Serial Test (Menu Analysis \ Analyse Randomness)

Choosing this menu entry opens the dialog Serial Test.

This test examines whether pairs of consecutive numbers are equally distributed and thus checks their independence of each other.

In the case of a binary sequence s, the test determines whether the probability, that consecutive elements in the sequence are the same or different, is equal or not. This is an index of whether every bit is independent from its immediate predecessor or not.
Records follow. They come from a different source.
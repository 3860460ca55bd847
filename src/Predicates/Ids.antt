-- ===== src/Predicates/Ids.antt =====
-- Canonical identifiers: printing and parsing.
use Prim.Native.Char.{Char, code}
use mathlib.Core.Option
use text.Mathlib.TextEquality.{Char-path}
use text.Mathlib.TextLemmas.{nil-append, cons-append}
use zk_dpp_royalty_protocol.Common.{
  String, ◌≡◌, ◌≢◌, refl, sym, inl, inr, Option, none, some, arith, eqb, Option-cases, Bool-cases,
}
use zk_dpp_royalty_protocol.Predicates.{
  PredicateId, ◌⧺◌, canonical_id, parse_id, split_last, extend_split,
}

-- No underscore stands in the text.
abbrev pub IsPlain : String → Type 0
IsPlain String.[] = Unit
IsPlain (String.◌∷◌ c s) = (code c ≢ b'_') × IsPlain s

split_last_of_IsPlain : (s : String) → IsPlain s → split_last s ≡ none
unfolding split_last
split_last_of_IsPlain String.[] h = refl
split_last_of_IsPlain (String.◌∷◌ c s) (p, h) = rw (split_last_of_IsPlain s h) (ground arith)

split_last-underscore : (a b : String) → IsPlain b → split_last (a ⧺ "_" ⧺ b) ≡ some (a, b)
unfolding split_last
split_last-underscore String.[] b h =
    rw (nil-append ("_" ⧺ b), cons-append) (rw (nil-append b, split_last_of_IsPlain b h) refl)
split_last-underscore (String.◌∷◌ c s) b h = rw cons-append (rw (split_last-underscore s b h) refl)

-- Printing an identifier and parsing the result gives the identifier back, if its version holds no
-- underscore.
pub parse_id-canonical_id :
    (id : PredicateId) → IsPlain id.version → parse_id (canonical_id id) ≡ some id
unfolding parse_id canonical_id
parse_id-canonical_id id h = rw (split_last-underscore id.name id.version h) refl

IsPlain-of_split_last : (s : String) → split_last s ≡ none → IsPlain s
unfolding split_last
IsPlain-of_split_last String.[] h = tt
IsPlain-of_split_last (String.◌∷◌ c s) h = elim (Option-cases (split_last s)) [
  | inl e ↦ (ground (arith, e), IsPlain-of_split_last s e)
  | inr (t, e) ↦ absurd (ground (arith, e))
]

extend_split_sound :
    (c : Char) (s : String) (o : Option (String × String)) (a b : String)
    → (o ≡ none → IsPlain s)
    → ((a' : String) → o ≡ some (a', b) → (s ≡ a' ⧺ "_" ⧺ b) × IsPlain b)
    → extend_split c s o ≡ some (a, b)
    → (String.◌∷◌ c s ≡ a ⧺ "_" ⧺ b) × IsPlain b
extend_split_sound c s none a b plain ih h = elim (Bool-cases (eqb (code c) b'_')) [
  | inl e ↦
      let is_underscore = Char-path c "_" (ground arith) in
      let ea : "" ≡ a = ground arith in
      let eb : s ≡ b = ground arith in
      (
        rw (← ea, ← eb, is_underscore) (rw (nil-append ("_" ⧺ s)) (rw cons-append (rw nil-append))),
        rw eb at (plain refl),
      )
  | inr e ↦ absurd (ground arith)
]
extend_split_sound c s (some (a', b')) a b plain ih h =
    let ea : String.◌∷◌ c a' ≡ a = cc in
    let eb : b' ≡ b = cc in
    let (split, last) = ih a' (rw eb) in (rw (← ea) (rw cons-append (rw (← split))), last)

split_last_sound : (s a b : String) → split_last s ≡ some (a, b) → (s ≡ a ⧺ "_" ⧺ b) × IsPlain b
unfolding split_last
split_last_sound String.[] a b h = absurd (cc h)
split_last_sound (String.◌∷◌ c s) a b h =
    extend_split_sound c s (split_last s) a b (IsPlain-of_split_last s)
      (λ a' e. split_last_sound s a' b e) h

-- A text that parses is the canonical form of the parsed identifier, whose version holds no
-- underscore.
pub canonical_id-parse_id :
    (s : String) (id : PredicateId)
    → parse_id s ≡ some id
    → (canonical_id id ≡ s) × IsPlain id.version
unfolding parse_id canonical_id
canonical_id-parse_id s id h =
    let (found, parsed, same) = (Option.map-eq-some_iff _ _).0 h in
    let (split, last) = split_last_sound s found.0 found.1 parsed in rw (← same) (sym split, last)
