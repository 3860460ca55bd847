-- ===== src/Predicates/Tests.antt =====
-- Runs of the functions of the parent, and instances of its theorems.
use zk_dpp_royalty_protocol.Common.{◌≡◌, refl, some, arith}
use zk_dpp_royalty_protocol.Predicates.{PredicateId, canonical_id, parse_id, split_last}
use zk_dpp_royalty_protocol.Predicates.Ids.{parse_id-canonical_id, canonical_id-parse_id, IsPlain}

abbrev cert_valid : PredicateId
cert_valid = record { name = "CERT_VALID"; version = "V1" }

abbrev shifted : PredicateId
shifted = record { name = "CERT_V"; version = "1" }

-- An underscore in the version moves to the name.
split_underscore :
    parse_id (canonical_id (record { name = "CERT"; version = "V_1" })) ≡ some shifted
unfolding parse_id canonical_id split_last
split_underscore = refl

parse_id-canonical_id_example : parse_id (canonical_id cert_valid) ≡ some cert_valid
parse_id-canonical_id_example = parse_id-canonical_id cert_valid (omega arith)

canonical_id-parse_id_example : (canonical_id cert_valid ≡ "CERT_VALID_V1") × IsPlain "V1"
unfolding parse_id split_last
canonical_id-parse_id_example = canonical_id-parse_id "CERT_VALID_V1" cert_valid refl
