-- ===== src/Shared.antt =====
-- packages/shared/src: errors, and the middleware that decides who a caller is and what it may do.
pub mod Errors
pub mod Rbac
pub mod Auth
pub mod RateLimit
mod Tests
The number of sub-sequences 00, 01, 10, 11 in s should approach the number expected if a number sequence is truly random. Since under this test two bits are always examined together, the test is also known in the literature as the two-bit test.

Let n0 and n1 be the numbers of zeros and ones, respectively, in s; and let n00, n01, n10 and n11 be the relevant numbers of sub-sequences 00, 01, 10, 11 in s. As the sub-sequences overlap, the following applies (with n = bit length of s):

n00 + n01 + n10 + n11 = n - 1

The test statistics used are given by

X2 = [4 / (n –1)] * (n00^2 + n01^2 + n10^2 + n11^2) – (2 / n) * (n0^2 + n1^2) + 1,

whereby X2 approaches a chi^2 distribution with two degrees of freedom, provided that n>=21.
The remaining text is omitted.